I have a Jiffy Ice Auger with a 2 HP 49cc Tecumseh engine, the engine will not start after I replaced the spark plug. It started once, but that is it. I also nitice there is gas sqirting out of the muffler. Could it just be flooded? Any suggestions? Prior to replacing the spark plug, the engine started without issues.


----------



## 30yearTech (Sep 14, 2006)

It could be the engine is just flooded. If the spark plug is not working, then of course if you pull the starter rope enough times with the choke on, eventually you will get some fuel out of the muffler. 
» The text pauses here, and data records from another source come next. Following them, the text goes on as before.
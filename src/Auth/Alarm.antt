-- ===== src/Auth/Alarm.antt =====
-- `_get_alarm_state` of auth_engine.py with its cache, and the alarm gate of `process_event`.
pub mod Safety
use mathlib.Core.Bool.{not}
use hassio_access_control.Prelude.{
  ℕ, ◌+◌, String, Bool, true, false, ◌&&◌, ◌||◌, Option, none, some, List, [], ◌∷◌, any, ltb,
  if◌then◌else◌, str_eq,
}
use hassio_access_control.Schedule.{Now, Schedule, check_schedule}

pub data AlarmState : Type 0 where
  disarmed triggered armed_away armed_home armed_night arming pending unknown : AlarmState

unfoldable pub AlarmState-discrete : Discrete AlarmState
AlarmState-discrete = hlevel

abbrev pub is_disarmed : AlarmState → Bool
is_disarmed disarmed = true
is_disarmed _ = false

abbrev pub same_state : AlarmState → AlarmState → Bool
same_state a b = elim (AlarmState-discrete a b) [ yes p ↦ true | no p ↦ false ]

-- `known_states`; any other text, an exception and a value that is no text are `none`
unfoldable pub known_state : Option String → Option AlarmState
known_state none = none
known_state (some s) =
    if str_eq s "disarmed"
    then some disarmed
    else if str_eq s "triggered"
    then some triggered
    else if str_eq s "armed_away"
    then some armed_away
    else if str_eq s "armed_home"
    then some armed_home
    else if str_eq s "armed_night"
    then some armed_night
    else if str_eq s "arming"
    then some arming
    else if str_eq s "pending"
    then some pending
    else none

-- the cache fields of the engine; times are milliseconds of the event loop's clock
pub record Cache : Type 0 where
  pub value : Option AlarmState
  pub expires : ℕ

abbrev pub alarm_cache_ttl : ℕ
alarm_cache_ttl = 1500

-- what `get_all_alarm_panels` and the panels answer: an exception, or one read for each panel
pub data Panels : Type 0 where
  db_error : Panels
  read : List (Option String) → Panels

-- the states of the panels, unless one of them is not known
unfoldable pub known_states : List (Option String) → Option (List AlarmState)
known_states [] = some []
known_states (r ∷ reads) = elim (known_state r) [
  | none ↦ none
  | some s ↦ elim (known_states reads) [ none ↦ none | some states ↦ some (s ∷ states) ]
]

-- whether every armed state is `s`
unfoldable pub agree : AlarmState → List AlarmState → Bool
agree s [] = true
agree s (t ∷ states) = let rest = agree s states in (is_disarmed t || same_state s t) && rest

-- the set of the armed states: none, one or more
unfoldable pub combine : List AlarmState → AlarmState
unfolding agree
combine [] = disarmed
combine (s ∷ states) =
    let rest = combine states in
    if is_disarmed s then rest else if agree s states then s else unknown

-- the result and whether it may be cached; a failure is not cached
fresh_state : Bool → Panels → AlarmState × Bool
fresh_state has_client db_error = (unknown, false)
fresh_state has_client (read []) = (disarmed, true)
fresh_state has_client (read (r ∷ reads)) =
    if has_client
    then elim (known_states (r ∷ reads)) [
      | none ↦ (unknown, false)
      | some states ↦ (combine states, true)
    ]
    else (unknown, false)

store : Cache → ℕ → AlarmState × Bool → AlarmState × Cache
store cache now (state, false) = (state, cache)
store cache now (state, true) =
    if is_disarmed state
    then (state, record { value = none; expires = 0 })
    else (state, record { value = some state; expires = now + alarm_cache_ttl })

look_up : Option AlarmState → Cache → ℕ → Bool → Panels → AlarmState × Cache
unfolding fresh_state store
look_up none cache now has_client panels = store cache now (fresh_state has_client panels)
look_up (some state) cache now has_client panels =
    if ltb now cache.expires
    then (state, cache)
    else store cache now (fresh_state has_client panels)

unfoldable pub get_alarm_state : Cache → ℕ → Bool → Panels → AlarmState × Cache
unfolding look_up
get_alarm_state cache now has_client panels = look_up cache.value cache now has_client panels

-- `_FULLY_RESTRICTIVE_ALARM_STATES`
abbrev pub fully_restrictive : AlarmState → Bool
fully_restrictive disarmed = false
fully_restrictive armed_away = false
fully_restrictive armed_home = false
fully_restrictive _ = true

-- a row of `groups`
pub record Group : Type 0 where
  pub id : ℕ
  pub schedule : Schedule
  pub blocked_when_armed_away : Bool
  pub blocked_when_armed_home : Bool
  pub can_disarm : Bool
  pub all_locks : Bool

abbrev pub is_armed_away : AlarmState → Bool
is_armed_away armed_away = true
is_armed_away _ = false

abbrev pub is_armed_home : AlarmState → Bool
is_armed_home armed_home = true
is_armed_home _ = false

-- the operand of `any_blocking`
unfoldable pub blocks : AlarmState → Group → Bool
blocks state g =
    is_armed_away state && g.blocked_when_armed_away
    || is_armed_home state && g.blocked_when_armed_home
    || fully_restrictive state && (g.blocked_when_armed_away || g.blocked_when_armed_home)

-- the operand of `can_disarm`
unfoldable pub disarms : AlarmState → Group → Bool
disarms state g =
    g.can_disarm
    && not (is_armed_away state && g.blocked_when_armed_away)
    && not (is_armed_home state && g.blocked_when_armed_home)
    && not (fully_restrictive state && (g.blocked_when_armed_away || g.blocked_when_armed_home))

-- `not g.get("schedule_enabled") or self._check_schedule(g)`; the clock is read for each group
abbrev pub is_active : (ℕ → Now) → Group → Bool
is_active now g = not g.schedule.schedule_enabled || check_schedule (now g.id) g.schedule

-- the value of `can_disarm` after the gate, which stays false for a disarmed panel
unfoldable pub may_disarm : AlarmState → List Group → Bool
may_disarm state active = if is_disarmed state then false else any (disarms state) active

-- whether the gate denies
unfoldable pub is_blocked : AlarmState → List Group → List Group → Bool
is_blocked state groups active =
    if is_disarmed state then false else any (blocks state) groups && not (may_disarm state active)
Check for spark, check the plug and make sure it's sparking and gaped properly.


----------



## nyykk (Feb 7, 2010)

How long do I need to wait if it is just flooded? I checked for a spark and it's fine. It's gaped at .030 as recommended.


----------



## 30yearTech (Sep 14, 2006)

You can just make sure the choke is not engaged and try starting without the choke, it will clear itself if there is not a problem with the carburetor causing the flooding.


----------



## nyykk (Feb 7, 2010)

ok .. well I waited about 2hrs and I tried it again with the chock in the cold start positiion, but still nothing.

The chock in the cold start position, is this what you meant by, starting without the choke?


----------



## 30yearTech (Sep 14, 2006)

No, I mean with the choke in the run (off) position.


----------



## nyykk (Feb 7, 2010)

it started after many pulls ... thanks so much for all your help!!


----------